# Stolen dogs



## sculptures (Jun 12, 2011)

I have heard of a few of stories about dogs going missing in Dubai and I'm a teeny bit paranoid as I have 2 small yorkies that I want to bring with me . Are these dogs stolen or just escaped from the garden ? Has anyone heard of dogs being stolen from the house /garden ?


----------



## Toon (Feb 28, 2012)

Never heard of them being stolen. Muslims see dogs as hareem cos they're unclean - a bit like pigs - so usually they steer well clear.


----------



## Jynxgirl (Nov 27, 2009)

Nope. Have not heard of that. All animals here are chipped and everyone seems to get their animals back if they tend to run away. 

And if not, go check the sharjah market  (kind of kidding, kind of... )


----------



## BedouGirl (Sep 15, 2011)

I have heard of it throughout the years I have lived here. Basically, smaller dogs are taken to use as 'bait' to train the fighting dogs. Larger dogs are taken to participate in dog fights. Fence in an area in the garden that is safe for your pets and not in public view if you are concerned.


----------



## sculptures (Jun 12, 2011)

That's awful - I am quite horrified and worried now ! My doggies will now be triple secured in the garden . Locks bolts and 3 fences !


----------



## Felixtoo2 (Jan 16, 2009)

It`s a fairly common thing in the Mirdiff and Al Mizar areas on the border with Sharjah. I was house sitting a Villa there a couple of years back and when I came back after a morning shift the Alsatian was gone. 
Initially I though he had somehow managed to jump the six foot high walls so I drove all around the area and spoke to neighbours but no joy. After a bit of a look around outside I noticed a lot of footprints at the back of the house, handprints on the wall and more footprints where some sandaled lowlives had jumped over the wall. A couple of the dogs footballs were also missing so it had quite obviously been stolen.
After cut and pasting a missing poster I went to Mirdiff Spinneys to post it and there were quite a few others. 
The Police were of course as usual polite and helpful, if only! The police were of course a complete waste of time, refused to come to the house and told me that the dog would be in Sharjah already as they were often stolen to order.


----------



## sculptures (Jun 12, 2011)

Omg - think the thought of this might actually put me off coming altogether . Do you think this would happen somewhere like the springs or in A JLT apartment ?


----------



## s&s (Apr 9, 2012)

It could happen anywhere. But usually it's the pedigree dogs that get stolen. 
I think if you don't leave your dogs unattended you would be ok.


----------



## sculptures (Jun 12, 2011)

The thought makes me feel physically sick. We Would both be working and having someone come in to walk my pooches most days.


----------



## fonda (Jun 29, 2011)

sculptures said:


> Omg - think the thought of this might actually put me off coming altogether . Do you think this would happen somewhere like the springs or in A JLT apartment ?

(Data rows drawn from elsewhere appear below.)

-- ===== src/Concat.antt =====
-- src/concat.rs: the typed `concat:` URI, its constructor, formatter and parser. The reader is in
-- Readers, and `open` in Open.
pub mod Pieces
pub mod RoundTrip
use oxideav_source.Prelude.{
  ℕ, Bool, true, false, not, List, [], ◌∷◌, ◌++◌, Bytes, codes, ◌==◌, if◌then◌else◌, any, is_empty,
  contains, starts_with, Result, ok, err, ◌>>=◌, ◌>>◌, reject_if, Error, invalid,
}
use oxideav_source.Uri.{split, scheme_is}

pub record ConcatUri : Type 0 where
  pub segments : List Bytes

-- `str::split` and `[_]::join` of `std`, by one byte.
push_first : ℕ → List Bytes → List Bytes
push_first c [] = (c ∷ []) ∷ []
push_first c (p ∷ ps) = (c ∷ p) ∷ ps

unfoldable pub split_all : ℕ → Bytes → List Bytes
unfolding push_first
split_all b [] = [] ∷ []
split_all b (c ∷ s) = let rest = split_all b s in if c == b then [] ∷ rest else push_first c rest

unfoldable pub join : ℕ → List Bytes → Bytes
join b [] = []
join b (p ∷ []) = p
join b (p ∷ q ∷ ps) = p ++ b ∷ join b (q ∷ ps)

-- `segments[0].starts_with("//")`, behind a test that there is a segment.
unfoldable pub first_starts_with_slashes : List Bytes → Bool
unfolding starts_with
first_starts_with_slashes [] = false
first_starts_with_slashes (s ∷ _) = starts_with (codes "//") s

-- The `for` loop of `new`.
unfoldable pub check_segments : List Bytes → Result Error (Unit {0})
check_segments [] = ok tt
check_segments (seg ∷ rest) = do
  reject_if (is_empty seg) (invalid "concat: URI segment cannot be empty")
  reject_if (contains b'|' seg) (invalid "concat: URI segment contains a '|'")
  check_segments rest

unfoldable pub new : List Bytes → Result Error ConcatUri
unfolding check_segments first_starts_with_slashes
new segments = do
  reject_if (is_empty segments) (invalid "concat: URI requires at least one segment")
  check_segments segments
  reject_if (first_starts_with_slashes segments)
      (invalid "concat: first segment starts with \"//\"; it cannot round-trip")
  ok (record { segments = segments })

unfoldable pub format : ConcatUri → Bytes
unfolding join
format x = codes "concat:" ++ join b'|' x.segments

unfoldable pub segments : Bytes → Result Error (List Bytes)
unfolding split_all
segments rest = do
  let parts = split_all b'|' rest
  reject_if (any is_empty parts) (invalid "concat: URI has an empty segment")
  ok parts

-- `parse` behind the scheme test.
unfoldable pub parse_segments : Bytes → Result Error ConcatUri
unfolding segments first_starts_with_slashes
parse_segments rest = do
  reject_if (is_empty rest) (invalid "concat: URI requires at least one segment")
  segs ← segments rest
  reject_if (first_starts_with_slashes segs)
      (invalid "concat: first segment starts with \"//\" after the scheme split")
  ok (record { segments = segs })

unfoldable pub parse : Bytes → Result Error ConcatUri
unfolding parse_segments
parse uri_str = do
  let (scheme, rest) = split uri_str
  reject_if (not (scheme_is scheme (codes "concat")))
      (invalid "concat driver invoked on non-concat URI")
  parse_segments rest
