-- ===== src/Step/Configure.antt =====
-- `configure`: .config from the configuration of the context, and the marker .kbf-config-src that
-- lets an unchanged one be skipped.
pub mod Marker
pub mod Untouched
pub mod Again
use kernelbuild_buildkit.Common.{
  Bool, true, false, not, List, [], ◌∷◌, ◌++◌, if◌then◌else◌, Option, none, some, Bytes, codes, beq,
  is_empty, fields, join, trim_space, map,
}
use kernelbuild_buildkit.Step.Mount.{Mount, get, put}
use kernelbuild_buildkit.Step.Run.{
  StepError, no_config, make_failed, Outcome, done, failed, M, ◌>>=◌, ◌>>◌, return, fail, read,
  write, remove,
}
use kernelbuild_buildkit.Step.World.{World, Made}

abbrev pub config_name : Bytes
config_name = codes ".config"

abbrev pub marker_name : Bytes
marker_name = codes ".kbf-config-src"

abbrev pub is_same : Option Bytes → Bytes → Bool
is_same none id = false
is_same (some prev) id = beq prev id

-- `os.OpenFile(".config", os.O_APPEND|os.O_WRONLY)` and the write: the file must be there.
abbrev append_config : Bytes → Option Bytes → M (Unit {0})
append_config cfg none = fail no_config
append_config cfg (some old) = write config_name (old ++ (codes "\n" ++ cfg))

module _ (w : World) where
  abbrev pub made_of : List Bytes → Bool → Outcome (Unit {0})
  made_of args true = done tt
  made_of args false = failed (make_failed args)

  -- `runMake`
  unfoldable pub run_make : List Bytes → M (Unit {0})
  run_make args m = record {
    outcome = made_of args (w.make args m).success;
    mount = (w.make args m).left;
    trail = (w.make args m).between;
  }

  unfoldable pub arch_args : List Bytes → List Bytes
  arch_args args =
      let with_arch =
        if is_empty w.env.karch then args else args ++ ((codes "ARCH=" ++ w.env.karch) ∷ []) in
      if is_empty w.env.cross_compile
      then with_arch
      else with_arch ++ ((codes "CROSS_COMPILE=" ++ w.env.cross_compile) ∷ [])

  -- What the marker says: the targets of BASE_MAKE and the configuration.
  unfoldable pub config_id : Bytes → Bytes
  unfolding fields join
  config_id cfg = codes "base-make=" ++ (join (codes " ") (fields w.env.base_make) ++ (0 ∷ cfg))

  unfoldable pub append_fragment : Bytes → M (Unit {0})
  unfolding trim_space
  append_fragment cfg m =
      if is_empty (trim_space cfg) then return tt m else append_config cfg (get config_name m) m

  -- .config before olddefconfig.
  unfoldable pub write_config : List Bytes → Bytes → M (Unit {0})
  unfolding run_make arch_args append_fragment
  write_config [] cfg = write config_name cfg
  write_config (t ∷ ts) cfg = do run_make (arch_args (t ∷ ts)); append_fragment cfg

  unfoldable pub reconfigure : Bytes → M (Unit {0})
  unfolding write_config run_make arch_args config_id fields
  reconfigure cfg = do
    remove marker_name
    write_config (fields w.env.base_make) cfg
    run_make (arch_args (codes "olddefconfig" ∷ []))
    write marker_name (config_id cfg)

  unfoldable pub configure_with : Option Bytes → M (Unit {0})
  unfolding reconfigure config_id beq
  configure_with none m = fail no_config m
  configure_with (some cfg) m =
      if is_same (get marker_name m) (config_id cfg) then return tt m else reconfigure cfg m

  -- `configure`
  unfoldable pub configure : M (Unit {0})
  unfolding configure_with
  configure = configure_with w.kernel_config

Sure dogs get stolen in the UK all the time too, probably more so than here.


----------



## sculptures (Jun 12, 2011)

I know but I live on the army barracks in uk so I don't have that worry ..


----------



## Guest (Apr 12, 2012)

sculptures said:


> Omg - think the thought of this might actually put me off coming altogether . Do you think this would happen somewhere like the springs or in A JLT apartment ?


yes these kind of things are really sickening to hear ...

How ever i have not heard of one incident where an apartment has been broken into and dogs have been taken ( from areas like JLT) Most of the building have security plus cameras to check people coming and going .

I have only heard stories of dogs being taken from villa garden or when they are out. 

after hearing these stories I keep an eagle eye on my westy when she is out.


----------



## sabfrance (Sep 9, 2010)

Could be worse... you could live near a Chinese restaurant...


----------



## Red_Nosed (Nov 30, 2011)

Toon said:


> Never heard of them being stolen. Muslims see dogs as hareem cos they're unclean - a bit like pigs - so usually they steer well clear.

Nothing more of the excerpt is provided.